Hey guys, just joined this super forum and looking for a little help.
I have a Honda 13 horse on a generator that would not run descent unless the choke was half closed. Naturally I assumed it was the carburator, took it apart three times and the first time it got better and the second time it got worse, started surging but still not as bad as originally. So I gave in and spent the 18.00 for a new carb. and guess what, it made no difference. 
What else could this be besides the carb or the gaskets between the carb and manifold?


----------



## 30yearTech (Sep 14, 2006)

If your sure you have the gaskets arranged properly, then the next thing to try is a static governor adjustment.


----------



## hungrybare (Sep 23, 2011)

Thanx for the advice 30, I played with the governor tonight a little and got it to stop surging but it still runs better with the choke slightly closed or a mist of carb cleaner spraying into the carb throat. Seems like a vacuum leak but I can't find it by spraying choke cleaner around the gaskets.


----------



## 30yearTech (Sep 14, 2006)

Are you sure you purchased the correct carburetor for your engine? Sounds like it's not delivering enough fuel.


----------



## hungrybare (Sep 23, 2011)

I'm pretty sure I did, or do they make more than one for the GX 390

http://www.ebay.com/itm/160635781831?ssPageName=STRK:MEWNX:IT&_trksid=p3984.m1439.l2649


----------



## 30yearTech (Sep 14, 2006)

Would need the spec numbers off your engine to see if this carburetor is correct for your engine.


----------



## hungrybare (Sep 23, 2011)

I have the serial no. but havn't found a reference to match up the carb. no to the engine. VAG2
GCAA-2607149


----------



## 30yearTech (Sep 14, 2006)

I also cannot find a part number for the correct carburetor for a VAG2 that falls into that serial number range.
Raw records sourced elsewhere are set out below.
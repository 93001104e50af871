-- ===== src/Projects/Written.antt =====
-- The calls on files of application/project_service.py: what stands at each path afterwards.
use workspace.Base.{
  ℕ, ◌+◌, ◌≡◌, refl, sym, ap, ◌∙◌, ltb, false, none, some, Text, length, if◌then◌else◌, on_if, inl,
  inr, arith, Result, ok, err, Option-cases, runs_on, reads-runs, gets-runs, or_else_raise-runs,
  Ensures, Ensures-bind, skip_reads, after_check, after_raise_if, after_modify, follow, keep_then,
  ends_pure,
}
use workspace.Domain.Errors.{ObjectId, DomainError}
use workspace.Domain.Models.{ProjectFile}
use workspace.Store.{Env, World}
use workspace.Store.Projects.{is_file_at, file_get, file_upsert}
use workspace.Store.Projects.FileLaws.{is_file_at_refl, file_get-upsert}
use workspace.Access.{ProjectAccess, guard_project}
use workspace.Projects.Paths.{normalize_path}
use workspace.Projects.Ports.{BlobStorage, blob_call, blob_answer}
use workspace.Projects.Files.{read_file, write_file}
use workspace.Projects.Contained.{SameTrees, now-KeepsTrees}
use workspace.Projects.Trees.{Content, content_of, content_at}
use workspace.Projects.Restored.{content-same, OnTrees, unmoved, touch-unmoved}

upsert-content :
    (project : ObjectId) (q : Text) (f : ProjectFile) (w : World)
    → content_at project (file_upsert f w) q
      ≡ (if is_file_at project q f then some (f.size, f.content_hash) else content_at project w q)
upsert-content project q f w =
    ap content_of (file_get-upsert project q f w)
    ∙ on_if
        (λ o. content_of o ≡ (
          if is_file_at project q f then some (f.size, f.content_hash) else content_at project w q))
        (is_file_at project q f) (λ e. ground (arith)) (λ e. ground (arith))

-- A write: the content at its path, the rest as before.
module _ (env : Env) (storage : BlobStorage) (max_file_bytes : ℕ) (user project : ObjectId)
    (path content : Text) (w0 : World) where
  -- What the store holds after `f` was written.
  pub record IsWritten (f : ProjectFile) (w : World) : Type 0 where
    pub owned : f.project_id ≡ project
    pub normalized : normalize_path path ≡ ok f.path
    pub measured : (f.size ≡ length content) × (ltb max_file_bytes f.size ≡ false)
    pub stored : (n : ℕ) × (storage.write_blob n content ≡ ok f.content_hash)
    pub holds :
        (other : ObjectId) (q : Text)
        → content_at other w q
          ≡ (if is_file_at other q f then some (f.size, f.content_hash) else content_at other w0 q)

  IsWritten-OnTrees : (f : ProjectFile) → OnTrees (IsWritten f)
  IsWritten-OnTrees f w w' s h = record {
    owned = h.owned;
    normalized = h.normalized;
    measured = h.measured;
    stored = h.stored;
    holds = λ other q. content-same other w w' q s ∙ h.holds other q;
  }

  written_holds :
      (w : World) (other : ObjectId) (q : Text) (f : ProjectFile)
      → SameTrees w0 w
      → content_at other (file_upsert f w) q
        ≡ (if is_file_at other q f then some (f.size, f.content_hash) else content_at other w0 q)
  written_holds w other q f s =
      upsert-content other q f w
      ∙ ap (λ c. if is_file_at other q f then some (f.size, f.content_hash) else c)
          (content-same other w0 w q s)

  -- What a call of the storage returned was its answer.
  blob_call-Ensures :
      Ensures
        (λ w. w ≡ w0)
        (blob_call (λ n. storage.write_blob n content))
        (λ h w. SameTrees w0 w × ((n : ℕ) × (storage.write_blob n content ≡ ok h)))
  unfolding blob_call blob_answer
  blob_call-Ensures = record { at = λ w h w' e k. go w h w' e _ refl k }
    where
      go :
          (w : World) (h : Text) (w' : World)
          → w ≡ w0
          → (r : Result DomainError Text) → storage.write_blob w.calls content ≡ r
          → blob_answer (record w { calls = w.calls + 1 }) r ≡ ok (h, w')
          → SameTrees w0 w' × ((n : ℕ) × (storage.write_blob n content ≡ ok h))
      go w h w' e (ok a) e1 k =
          (record { files = ground (arith); versions = ground (arith) }, (w.calls, ground (arith)))
      go w h w' e (err x) e1 k = absurd (cc)

  stored-OnTrees :
      {h : Text} → OnTrees (λ w. SameTrees w0 w × ((n : ℕ) × (storage.write_blob n content ≡ ok h)))
  stored-OnTrees w w' s (t, answered) =
      (record { files = s.files ∙ t.files; versions = s.versions ∙ t.versions }, answered)

  pub write_file-IsWritten :
      Ensures
        (λ w. w ≡ w0)
        (write_file env storage max_file_bytes user project path content)
        IsWritten
  unfolding write_file
  write_file-IsWritten = skip_reads _ _ λ access. after_check _ _ λ normalized e.
      after_raise_if _ _ _ λ small. Ensures-bind _ _ _ blob_call-Ensures λ h.
        follow _ _ (unmoved stored-OnTrees (now-KeepsTrees env)) λ at.
          after_modify
            {P' = IsWritten (record {
              project_id = project;
              path = normalized;
              size = length content;
              content_hash = h;
              updated_at = at;
            })}
            _ _
            (λ w (s, answered). record {
              owned = refl;
              normalized = e;
              measured = (refl, small);
              stored = answered;
              holds = λ other q.
                  written_holds w other q
                    (record {
                      project_id = project;
                      path = normalized;
                      size = length content;
                      content_hash = h;
                      updated_at = at;
                    })
                    s;
            })
            (keep_then _ _ (touch-unmoved (IsWritten-OnTrees _) env access.project)
              (ends_pure _ (λ w k. k)))

found_content :
    (project : ObjectId) (w : World) (q : Text) (c : Content)
    → content_at project w q ≡ some c
    → (g : ProjectFile) × (file_get project q w ≡ some g) × (g.content_hash ≡ c.1)
found_content project w q c h = elim (Option-cases (file_get project q w)) [
  | inl e ↦ absurd (ground (arith))
  | inr (g, e) ↦ (g, e, ground (arith))
]

blob_call-runs :
    (f : ℕ → Result DomainError Text) (w : World) (a : Text)
    → ((n : ℕ) → f n ≡ ok a)
    → (w' : World) × (blob_call f w ≡ ok (a, w'))
unfolding blob_call blob_answer
blob_call-runs f w a h = (
  record w { calls = w.calls + 1 },
  ap (blob_answer (record w { calls = w.calls + 1 })) (h w.calls),
)

-- Who may see the project reads what was written, from a storage that gives back what it took.
pub write_read :
    (env : Env) (storage : BlobStorage) (max_file_bytes : ℕ) (user reader project : ObjectId)
    (path content : Text) (f : ProjectFile) (w w' : World) (access : ProjectAccess)
    → ((n m : ℕ) (h : Text)
        → storage.write_blob n content ≡ ok h
        → storage.read_blob m h ≡ ok content)
    → write_file env storage max_file_bytes user project path content w ≡ ok (f, w')
    → guard_project reader project none w' ≡ ok access
    → (w'' : World) × (read_file env storage reader project path w' ≡ ok (content, w''))
unfolding read_file
write_read env storage max_file_bytes user reader project path content f w w' access back h seen =
    let written =
      (write_file-IsWritten env storage max_file_bytes user project path content w).at w f w' refl
        h in
    let self = is_file_at_refl f in
    let (g, e, digest) =
      found_content project w' f.path (f.size, f.content_hash)
        (written.holds project f.path
          ∙ ap
              (λ i.
                if is_file_at i f.path f
                then some (f.size, f.content_hash)
                else content_at project w f.path)
              (sym written.owned)
          ∙ ground (arith)) in
    let (n, answered) = written.stored in
    let (w'', e1) =
      blob_call-runs (λ m. storage.read_blob m g.content_hash) w' content
        (λ m. ap (storage.read_blob m) digest ∙ back n m f.content_hash answered) in
    (
      w'',
      runs_on _ _ w' access w' (reads-runs _ w' access seen)
          ∙ runs_on _ _ w' f.path w'
              (reads-runs (λ _. normalize_path path) w' f.path written.normalized)
          ∙ runs_on _ _ w' (file_get project f.path w') w' (gets-runs (file_get project f.path) w')
          ∙ runs_on _ _ w' g w' (or_else_raise-runs _ (file_get project f.path w') w' g e)
          ∙ e1,
    )
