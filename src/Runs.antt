-- ===== src/Runs.antt =====
-- Runs: application/run_service.py and application/run_lifecycle.py.
pub mod Ports
pub mod Idempotency
pub mod Preflight
pub mod Submit
pub mod Create
pub mod Lifecycle
pub mod Untouched
pub mod Limits
pub mod Rows
pub mod Ended
pub mod Proven
pub mod Steps
pub mod Replays
pub mod Keys
pub mod Repeats
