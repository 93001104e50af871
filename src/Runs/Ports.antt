-- ===== src/Runs/Ports.antt =====
-- SchedulerPort and StoragePort (domain/ports), whose implementations the process supplies: the
-- n-th call's result. What a call raises of SchedulerError, OSError and ValidationFailed is `err`.
use workspace.Base.{ℕ, ◌+◌, Option, List, Text, Result, ok, err}
use workspace.Domain.Errors.{ObjectId, DomainError, scheduler_error}
use workspace.Domain.Compute.{ResolvedSchedulerConfiguration}
use workspace.Domain.Models.{SchedulerJobState}
use workspace.Store.{World, Op}

-- The directories of a run.
pub record RunPaths : Type 0 where
  pub work : Text
  pub inputs : Text
  pub stdout : Text
  pub stderr : Text

-- What was found where an artifact is collected.
pub record ArtifactContent : Type 0 where
  pub size : ℕ
  pub file_count : ℕ
  pub content_hash : Text

pub record SchedulerSubmission : Type 0 where
  pub run_id : ObjectId
  pub job_name : Text
  pub work_dir : Text
  pub command : Text
  pub setup_command : Text
  pub environment_image : Text
  pub stdout_path : Text
  pub stderr_path : Text
  pub configuration : ResolvedSchedulerConfiguration
  pub environment : List (Text × Text)

pub record Ports : Type 0 where
  pub prepare_run_directory :
      ℕ → ObjectId → List (Text × Text) → List (Text × ObjectId) → Result Text RunPaths
  -- pathlib's `/`
  pub join_path : Text → Text → Text
  pub submit : ℕ → SchedulerSubmission → Result Text Text
  pub cancel : ℕ → Text → Result Text (Unit {0})
  pub poll : ℕ → Text → Result Text SchedulerJobState
  pub collect_artifact : ℕ → ObjectId → ObjectId → Text → Result Text (Option ArtifactContent)

answer : {A : Type 0} → World → Result Text A → Result DomainError (A × World)
answer w (ok a) = ok (a, w)
answer w (err reason) = err (scheduler_error reason)

-- A call of a port whose exceptions are not caught.
unfoldable pub call : {A : Type 0} → (ℕ → Result Text A) → Op A
unfolding answer
call f w = answer (record w { calls = w.calls + 1 }) (f w.calls)

-- A call of a port whose exceptions are caught.
unfoldable pub try_call : {A : Type 0} → (ℕ → Result Text A) → Op (Result Text A)
try_call f w = ok (f w.calls, record w { calls = w.calls + 1 })
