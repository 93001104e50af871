-- ===== src/Runs/Idempotency.antt =====
-- The idempotency keys of RunService (application/run_service.py).
use workspace.Base.{
  ◌==◌, Bool, true, false, not, Option, none, some, [], ◌∷◌, Text, is_empty, if◌then◌else◌, ◌>>=◌,
  ◌>>◌, pure, raise, gets, raise_if,
}
use workspace.Domain.Errors.{ObjectId, conflict_error, Conflict, Kind, by_id}
use workspace.Domain.Models.{Run, Endpoint, IdempotencyRecord}
use workspace.Store.{World, Op, or_missing}
use workspace.Store.Runs.{run_get, idempotency_find, idempotency_reserve, idempotency_attach_run}

-- A run that was submitted; not `created` when a request is replayed.
pub record RunSubmission : Type 0 where
  pub run : Run
  pub created : Bool

abbrev pub same_endpoint : Endpoint → Endpoint → Bool
same_endpoint Endpoint.create_run Endpoint.create_run = true
same_endpoint Endpoint.rerun Endpoint.rerun = true
same_endpoint _ _ = false

-- `wanted is not None and actual != wanted`
abbrev pub differs : Option ObjectId → Option ObjectId → Bool
differs none actual = false
differs (some i) none = true
differs (some i) (some j) = not (i == j)

unfoldable pub replay_run :
    (project_id source_run_id : Option ObjectId) → Option ObjectId → Op (Option Run)
replay_run project_id source_run_id none = raise (conflict_error Conflict.key_in_progress)
replay_run project_id source_run_id (some i) = do
  found ← gets (run_get i)
  run ← or_missing Kind.run (by_id i) found
  raise_if (differs project_id (some run.project_id)) (conflict_error Conflict.key_of_other_project)
  raise_if (differs source_run_id run.source_run_id) (conflict_error Conflict.key_of_other_run)
  pure (some run)

unfoldable pub replay :
    Endpoint → (project_id source_run_id : Option ObjectId) → IdempotencyRecord → Op (Option Run)
unfolding replay_run
replay endpoint project_id source_run_id r = do
  raise_if (not (same_endpoint r.endpoint endpoint)) (conflict_error Conflict.key_of_other_endpoint)
  replay_run project_id source_run_id r.run_id

unfoldable pub replay_found :
    ObjectId
    → Text
    → Endpoint
    → (project_id source_run_id : Option ObjectId) → Option IdempotencyRecord
    → Op (Option Run)
unfolding replay
replay_found ws key endpoint project_id source_run_id none = do
  idempotency_reserve ws key endpoint
  pure none
replay_found ws key endpoint project_id source_run_id (some r) =
    replay endpoint project_id source_run_id r

-- An empty key counts as none.
unfoldable pub replay_key :
    ObjectId → Text → Endpoint → (project_id source_run_id : Option ObjectId) → Op (Option Run)
unfolding replay_found
replay_key ws [] endpoint project_id source_run_id = pure none
replay_key ws (c ∷ key) endpoint project_id source_run_id = do
  found ← gets (idempotency_find ws (c ∷ key))
  replay_found ws (c ∷ key) endpoint project_id source_run_id found

-- `_replay_or_reserve`
unfoldable pub replay_or_reserve :
    ObjectId
    → Option Text
    → Endpoint
    → (project_id source_run_id : Option ObjectId) → Op (Option Run)
unfolding replay_key
replay_or_reserve ws none endpoint project_id source_run_id = pure none
replay_or_reserve ws (some key) endpoint project_id source_run_id =
    replay_key ws key endpoint project_id source_run_id

-- `_attach_idempotency`
unfoldable pub attach_idempotency : ObjectId → Option Text → ObjectId → World → World
attach_idempotency ws none run w = w
attach_idempotency ws (some key) run w =
    if is_empty key then w else idempotency_attach_run ws key run w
The part number I came up with for a VAG2 only shows a much higher s/n range and runs around $80.00. I believe the carburetor you purchased may be an aftermarket unit, and may not have the correct jet for your engine as it sounds like it's not delivering enough fuel.


----------



## hungrybare (Sep 23, 2011)

Thanx 30 yr. I think I am going to take the new one apart (only 18.00) and compare it with the original, but I don't really expect to find any difference that I can actually see, and the original had the same problem.
Just really frustrating


----------



## 30yearTech (Sep 14, 2006)

Was the original surging? 
Or
Did it also need to be partially choked to keep running?


----------



## hungrybare (Sep 23, 2011)

The original wouldn't even run with the choke open, After I took the carb apart the first time it ran better, so I thought I was on the right track. There was no dirt in the carb what so ever, Cleaned all the little holes with a torch tip cleaner, blew choke cleaner through everything and back together. After I took it apart for the third time ( I think ) it started surging so I ordered the new one. This generator was sitting for a while so I expected to find varnish and gunk in the carburator but it was totally clean.


----------



## geogrubb (Jul 28, 2006)

Install a new spark plug, that seems to be the standard fix all for a Honda. Have a good one. Geo


----------



## hungrybare (Sep 23, 2011)

New sparkplug made no difference, Just for the heck of it I drilled out the original main jet and put it in the new carb (3/64") and it run like it was getting too much gas or the choke was on, which makes sense I guess. Just kinda banging my head against the wall trying to figure out what to do next when everything points to the carburator. And the new one does the same thing as the original.


----------



## geogrubb (Jul 28, 2006)

I am not familar with the engine, however, when you sprayed the carb cleaner did you also spray along the intake to the block, it may have a cracked intake. Have a good one. Geo


----------